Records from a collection

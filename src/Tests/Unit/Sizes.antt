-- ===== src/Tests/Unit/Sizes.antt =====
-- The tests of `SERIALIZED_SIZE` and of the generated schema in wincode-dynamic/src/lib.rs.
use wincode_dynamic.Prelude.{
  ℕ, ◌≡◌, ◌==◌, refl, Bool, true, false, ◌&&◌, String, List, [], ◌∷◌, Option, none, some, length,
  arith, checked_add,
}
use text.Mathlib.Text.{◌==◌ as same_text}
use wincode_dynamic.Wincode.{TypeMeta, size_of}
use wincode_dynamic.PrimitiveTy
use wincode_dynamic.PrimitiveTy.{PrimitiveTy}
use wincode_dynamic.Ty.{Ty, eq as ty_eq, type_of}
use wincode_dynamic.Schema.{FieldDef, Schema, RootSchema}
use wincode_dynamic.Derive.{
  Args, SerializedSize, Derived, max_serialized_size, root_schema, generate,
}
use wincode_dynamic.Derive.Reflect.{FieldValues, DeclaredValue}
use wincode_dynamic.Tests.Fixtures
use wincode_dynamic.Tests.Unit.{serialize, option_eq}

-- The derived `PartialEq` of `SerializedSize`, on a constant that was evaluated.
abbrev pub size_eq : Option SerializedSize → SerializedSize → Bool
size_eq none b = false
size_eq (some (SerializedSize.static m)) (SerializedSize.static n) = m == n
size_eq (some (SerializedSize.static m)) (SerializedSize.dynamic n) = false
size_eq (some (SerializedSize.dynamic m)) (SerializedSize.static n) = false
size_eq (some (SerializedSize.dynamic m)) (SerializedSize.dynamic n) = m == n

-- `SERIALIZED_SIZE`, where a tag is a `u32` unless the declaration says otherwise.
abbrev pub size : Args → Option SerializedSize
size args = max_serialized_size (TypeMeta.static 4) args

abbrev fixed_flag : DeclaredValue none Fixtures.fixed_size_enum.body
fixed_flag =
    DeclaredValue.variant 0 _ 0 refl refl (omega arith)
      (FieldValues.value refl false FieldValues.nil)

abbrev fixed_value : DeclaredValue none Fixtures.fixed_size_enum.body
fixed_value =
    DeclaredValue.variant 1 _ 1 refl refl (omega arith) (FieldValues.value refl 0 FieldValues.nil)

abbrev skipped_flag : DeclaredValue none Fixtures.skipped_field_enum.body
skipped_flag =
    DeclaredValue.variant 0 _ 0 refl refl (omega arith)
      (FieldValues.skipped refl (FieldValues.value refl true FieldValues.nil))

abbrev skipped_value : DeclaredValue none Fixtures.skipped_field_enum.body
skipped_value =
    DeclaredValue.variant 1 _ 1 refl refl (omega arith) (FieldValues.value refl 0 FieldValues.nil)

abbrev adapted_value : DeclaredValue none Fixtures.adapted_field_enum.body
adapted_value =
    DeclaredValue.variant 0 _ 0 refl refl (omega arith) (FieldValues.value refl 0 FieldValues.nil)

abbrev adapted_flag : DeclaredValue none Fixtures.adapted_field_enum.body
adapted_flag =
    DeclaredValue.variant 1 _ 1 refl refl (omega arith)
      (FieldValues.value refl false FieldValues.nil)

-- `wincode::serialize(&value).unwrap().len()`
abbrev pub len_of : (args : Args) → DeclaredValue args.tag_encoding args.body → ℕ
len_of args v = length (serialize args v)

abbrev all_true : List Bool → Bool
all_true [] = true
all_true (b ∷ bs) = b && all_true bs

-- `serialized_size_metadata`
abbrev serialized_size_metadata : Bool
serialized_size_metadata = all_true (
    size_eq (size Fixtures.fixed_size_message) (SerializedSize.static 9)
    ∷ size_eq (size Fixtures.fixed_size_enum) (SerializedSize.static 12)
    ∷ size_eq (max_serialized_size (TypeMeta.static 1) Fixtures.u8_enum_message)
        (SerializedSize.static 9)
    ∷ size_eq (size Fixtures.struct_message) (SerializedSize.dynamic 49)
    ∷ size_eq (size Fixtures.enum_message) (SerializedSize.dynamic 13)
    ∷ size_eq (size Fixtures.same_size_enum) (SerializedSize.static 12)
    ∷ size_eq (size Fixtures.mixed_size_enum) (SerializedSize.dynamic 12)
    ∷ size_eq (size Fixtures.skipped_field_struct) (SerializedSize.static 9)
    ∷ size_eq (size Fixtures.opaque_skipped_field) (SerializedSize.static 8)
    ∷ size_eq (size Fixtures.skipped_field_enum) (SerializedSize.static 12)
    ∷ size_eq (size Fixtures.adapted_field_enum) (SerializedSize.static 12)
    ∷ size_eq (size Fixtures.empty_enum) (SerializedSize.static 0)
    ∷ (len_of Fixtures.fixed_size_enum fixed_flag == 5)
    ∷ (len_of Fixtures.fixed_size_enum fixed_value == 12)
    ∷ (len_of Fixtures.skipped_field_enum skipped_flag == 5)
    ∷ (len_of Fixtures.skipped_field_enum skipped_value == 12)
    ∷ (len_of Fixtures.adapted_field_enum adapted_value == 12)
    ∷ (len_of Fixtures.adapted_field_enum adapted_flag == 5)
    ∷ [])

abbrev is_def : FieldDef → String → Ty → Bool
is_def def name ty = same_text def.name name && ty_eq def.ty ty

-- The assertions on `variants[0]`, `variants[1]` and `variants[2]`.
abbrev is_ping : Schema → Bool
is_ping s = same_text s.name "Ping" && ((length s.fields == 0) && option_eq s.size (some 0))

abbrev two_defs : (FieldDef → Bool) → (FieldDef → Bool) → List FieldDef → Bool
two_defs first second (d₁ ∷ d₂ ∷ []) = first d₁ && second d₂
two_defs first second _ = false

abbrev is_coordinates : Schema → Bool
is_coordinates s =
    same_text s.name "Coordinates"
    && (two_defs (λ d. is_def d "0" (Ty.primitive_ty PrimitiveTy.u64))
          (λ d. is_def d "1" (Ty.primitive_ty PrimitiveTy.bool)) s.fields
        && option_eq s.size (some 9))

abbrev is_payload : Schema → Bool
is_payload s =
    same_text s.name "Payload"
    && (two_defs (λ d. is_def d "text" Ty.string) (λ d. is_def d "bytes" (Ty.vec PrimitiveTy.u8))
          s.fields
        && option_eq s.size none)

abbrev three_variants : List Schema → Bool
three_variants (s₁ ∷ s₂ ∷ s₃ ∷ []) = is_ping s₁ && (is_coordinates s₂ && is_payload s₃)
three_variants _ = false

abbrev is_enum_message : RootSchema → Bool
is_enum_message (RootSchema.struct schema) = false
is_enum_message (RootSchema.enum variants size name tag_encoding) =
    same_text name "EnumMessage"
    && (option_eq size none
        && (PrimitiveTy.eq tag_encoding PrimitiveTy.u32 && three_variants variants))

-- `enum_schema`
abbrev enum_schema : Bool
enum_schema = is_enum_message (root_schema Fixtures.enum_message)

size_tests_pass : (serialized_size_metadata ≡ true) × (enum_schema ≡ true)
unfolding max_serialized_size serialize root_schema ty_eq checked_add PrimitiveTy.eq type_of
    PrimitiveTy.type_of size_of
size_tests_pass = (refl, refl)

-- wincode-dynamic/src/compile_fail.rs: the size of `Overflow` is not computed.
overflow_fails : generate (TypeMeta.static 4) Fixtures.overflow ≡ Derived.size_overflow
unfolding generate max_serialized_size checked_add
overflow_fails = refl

--

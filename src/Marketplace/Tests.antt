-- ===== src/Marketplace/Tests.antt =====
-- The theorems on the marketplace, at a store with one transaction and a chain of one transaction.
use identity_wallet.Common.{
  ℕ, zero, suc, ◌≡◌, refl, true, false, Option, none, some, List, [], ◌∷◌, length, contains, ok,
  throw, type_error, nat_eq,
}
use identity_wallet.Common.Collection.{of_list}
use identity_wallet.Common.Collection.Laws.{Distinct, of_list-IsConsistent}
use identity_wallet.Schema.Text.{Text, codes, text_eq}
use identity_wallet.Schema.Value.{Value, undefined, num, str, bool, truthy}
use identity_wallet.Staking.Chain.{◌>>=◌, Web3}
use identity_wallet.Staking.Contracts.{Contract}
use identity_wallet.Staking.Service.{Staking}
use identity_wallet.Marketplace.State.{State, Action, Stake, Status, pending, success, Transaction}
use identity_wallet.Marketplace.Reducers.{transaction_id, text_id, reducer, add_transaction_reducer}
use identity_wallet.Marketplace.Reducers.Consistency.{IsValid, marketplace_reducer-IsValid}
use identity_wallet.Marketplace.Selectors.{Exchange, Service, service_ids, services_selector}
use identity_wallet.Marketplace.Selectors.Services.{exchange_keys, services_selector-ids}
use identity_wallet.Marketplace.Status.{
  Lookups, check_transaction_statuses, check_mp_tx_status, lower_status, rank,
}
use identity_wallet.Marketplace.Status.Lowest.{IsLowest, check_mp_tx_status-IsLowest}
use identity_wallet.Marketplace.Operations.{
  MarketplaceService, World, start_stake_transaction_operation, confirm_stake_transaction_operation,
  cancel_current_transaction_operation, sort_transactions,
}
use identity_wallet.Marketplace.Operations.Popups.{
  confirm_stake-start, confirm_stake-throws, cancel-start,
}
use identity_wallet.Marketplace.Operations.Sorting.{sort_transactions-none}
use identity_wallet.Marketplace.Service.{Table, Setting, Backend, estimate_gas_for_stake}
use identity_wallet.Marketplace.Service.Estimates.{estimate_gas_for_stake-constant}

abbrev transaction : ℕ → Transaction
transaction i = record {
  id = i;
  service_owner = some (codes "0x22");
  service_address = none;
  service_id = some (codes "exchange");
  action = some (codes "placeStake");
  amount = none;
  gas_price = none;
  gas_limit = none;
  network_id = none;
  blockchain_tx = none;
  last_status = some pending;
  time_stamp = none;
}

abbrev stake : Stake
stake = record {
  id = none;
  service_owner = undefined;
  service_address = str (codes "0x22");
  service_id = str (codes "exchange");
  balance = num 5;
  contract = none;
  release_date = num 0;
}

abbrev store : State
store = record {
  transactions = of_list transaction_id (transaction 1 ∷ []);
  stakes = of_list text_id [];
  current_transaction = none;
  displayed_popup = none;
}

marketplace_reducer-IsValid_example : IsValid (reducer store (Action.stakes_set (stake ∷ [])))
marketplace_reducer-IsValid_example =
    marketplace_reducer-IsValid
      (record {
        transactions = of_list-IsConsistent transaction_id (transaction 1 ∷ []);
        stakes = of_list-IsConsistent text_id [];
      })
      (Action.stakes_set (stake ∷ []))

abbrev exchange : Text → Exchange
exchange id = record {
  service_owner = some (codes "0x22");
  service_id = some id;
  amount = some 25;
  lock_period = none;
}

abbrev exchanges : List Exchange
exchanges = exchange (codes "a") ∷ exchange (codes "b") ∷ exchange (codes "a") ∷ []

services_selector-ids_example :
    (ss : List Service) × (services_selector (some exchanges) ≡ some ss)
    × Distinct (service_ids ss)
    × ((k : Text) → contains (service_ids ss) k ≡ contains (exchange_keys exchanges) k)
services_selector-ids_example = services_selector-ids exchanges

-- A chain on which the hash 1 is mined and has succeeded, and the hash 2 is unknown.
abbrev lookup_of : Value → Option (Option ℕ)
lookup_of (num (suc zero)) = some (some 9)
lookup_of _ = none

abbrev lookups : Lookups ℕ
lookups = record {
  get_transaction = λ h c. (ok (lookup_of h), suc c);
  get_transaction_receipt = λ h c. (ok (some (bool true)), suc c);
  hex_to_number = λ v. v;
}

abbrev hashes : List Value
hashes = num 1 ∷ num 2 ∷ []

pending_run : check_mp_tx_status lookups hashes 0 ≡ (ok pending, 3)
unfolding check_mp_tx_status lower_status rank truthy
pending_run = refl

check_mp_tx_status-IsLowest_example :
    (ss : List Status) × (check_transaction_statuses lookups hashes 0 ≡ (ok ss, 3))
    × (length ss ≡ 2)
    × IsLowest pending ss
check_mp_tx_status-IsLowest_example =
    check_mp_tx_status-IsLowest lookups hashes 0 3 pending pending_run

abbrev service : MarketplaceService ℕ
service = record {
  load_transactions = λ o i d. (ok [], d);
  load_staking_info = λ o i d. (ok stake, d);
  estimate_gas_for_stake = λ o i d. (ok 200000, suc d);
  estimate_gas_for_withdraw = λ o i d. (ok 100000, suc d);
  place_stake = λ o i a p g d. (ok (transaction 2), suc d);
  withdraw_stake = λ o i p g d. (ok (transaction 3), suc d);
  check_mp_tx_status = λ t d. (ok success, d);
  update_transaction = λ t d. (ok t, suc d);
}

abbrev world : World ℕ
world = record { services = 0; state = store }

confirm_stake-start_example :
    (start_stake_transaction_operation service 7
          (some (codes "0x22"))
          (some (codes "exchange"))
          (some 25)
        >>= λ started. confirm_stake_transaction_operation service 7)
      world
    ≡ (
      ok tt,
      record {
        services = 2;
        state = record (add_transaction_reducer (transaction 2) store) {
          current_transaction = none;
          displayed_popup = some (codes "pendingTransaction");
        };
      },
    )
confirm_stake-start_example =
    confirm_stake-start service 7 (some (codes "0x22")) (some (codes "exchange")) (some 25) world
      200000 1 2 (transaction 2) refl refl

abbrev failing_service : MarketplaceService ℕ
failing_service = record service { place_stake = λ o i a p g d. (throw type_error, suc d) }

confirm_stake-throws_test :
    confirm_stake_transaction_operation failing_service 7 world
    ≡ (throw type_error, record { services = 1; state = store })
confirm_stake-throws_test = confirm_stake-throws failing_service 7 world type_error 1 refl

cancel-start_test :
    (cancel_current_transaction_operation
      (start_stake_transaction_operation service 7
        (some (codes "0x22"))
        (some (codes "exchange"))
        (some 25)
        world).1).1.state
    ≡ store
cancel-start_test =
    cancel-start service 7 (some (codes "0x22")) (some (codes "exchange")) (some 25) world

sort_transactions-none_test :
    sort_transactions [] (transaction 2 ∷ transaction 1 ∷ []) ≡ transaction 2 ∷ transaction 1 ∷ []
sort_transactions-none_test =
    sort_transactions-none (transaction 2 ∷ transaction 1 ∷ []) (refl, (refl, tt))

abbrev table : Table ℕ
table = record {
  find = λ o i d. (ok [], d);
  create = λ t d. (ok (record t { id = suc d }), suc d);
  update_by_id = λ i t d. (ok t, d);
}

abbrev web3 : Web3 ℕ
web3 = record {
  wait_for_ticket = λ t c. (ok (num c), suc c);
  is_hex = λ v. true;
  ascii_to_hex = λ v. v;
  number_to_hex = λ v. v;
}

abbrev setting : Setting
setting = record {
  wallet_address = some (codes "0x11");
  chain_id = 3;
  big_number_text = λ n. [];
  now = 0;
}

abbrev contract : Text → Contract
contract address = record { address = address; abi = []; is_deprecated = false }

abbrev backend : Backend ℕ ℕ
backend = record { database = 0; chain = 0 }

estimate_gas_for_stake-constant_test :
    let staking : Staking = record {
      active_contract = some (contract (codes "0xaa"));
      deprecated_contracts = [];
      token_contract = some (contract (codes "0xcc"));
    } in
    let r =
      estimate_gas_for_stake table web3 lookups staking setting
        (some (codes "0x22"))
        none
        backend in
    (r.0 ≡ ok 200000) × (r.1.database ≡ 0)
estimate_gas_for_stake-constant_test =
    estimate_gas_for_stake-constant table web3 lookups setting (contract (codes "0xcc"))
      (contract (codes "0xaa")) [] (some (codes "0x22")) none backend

AIM OF THE EXERCISE: When a line of the entries above contains the word "antt", include it in a tally, then give that tally alone.

RESPONSE AREA: 4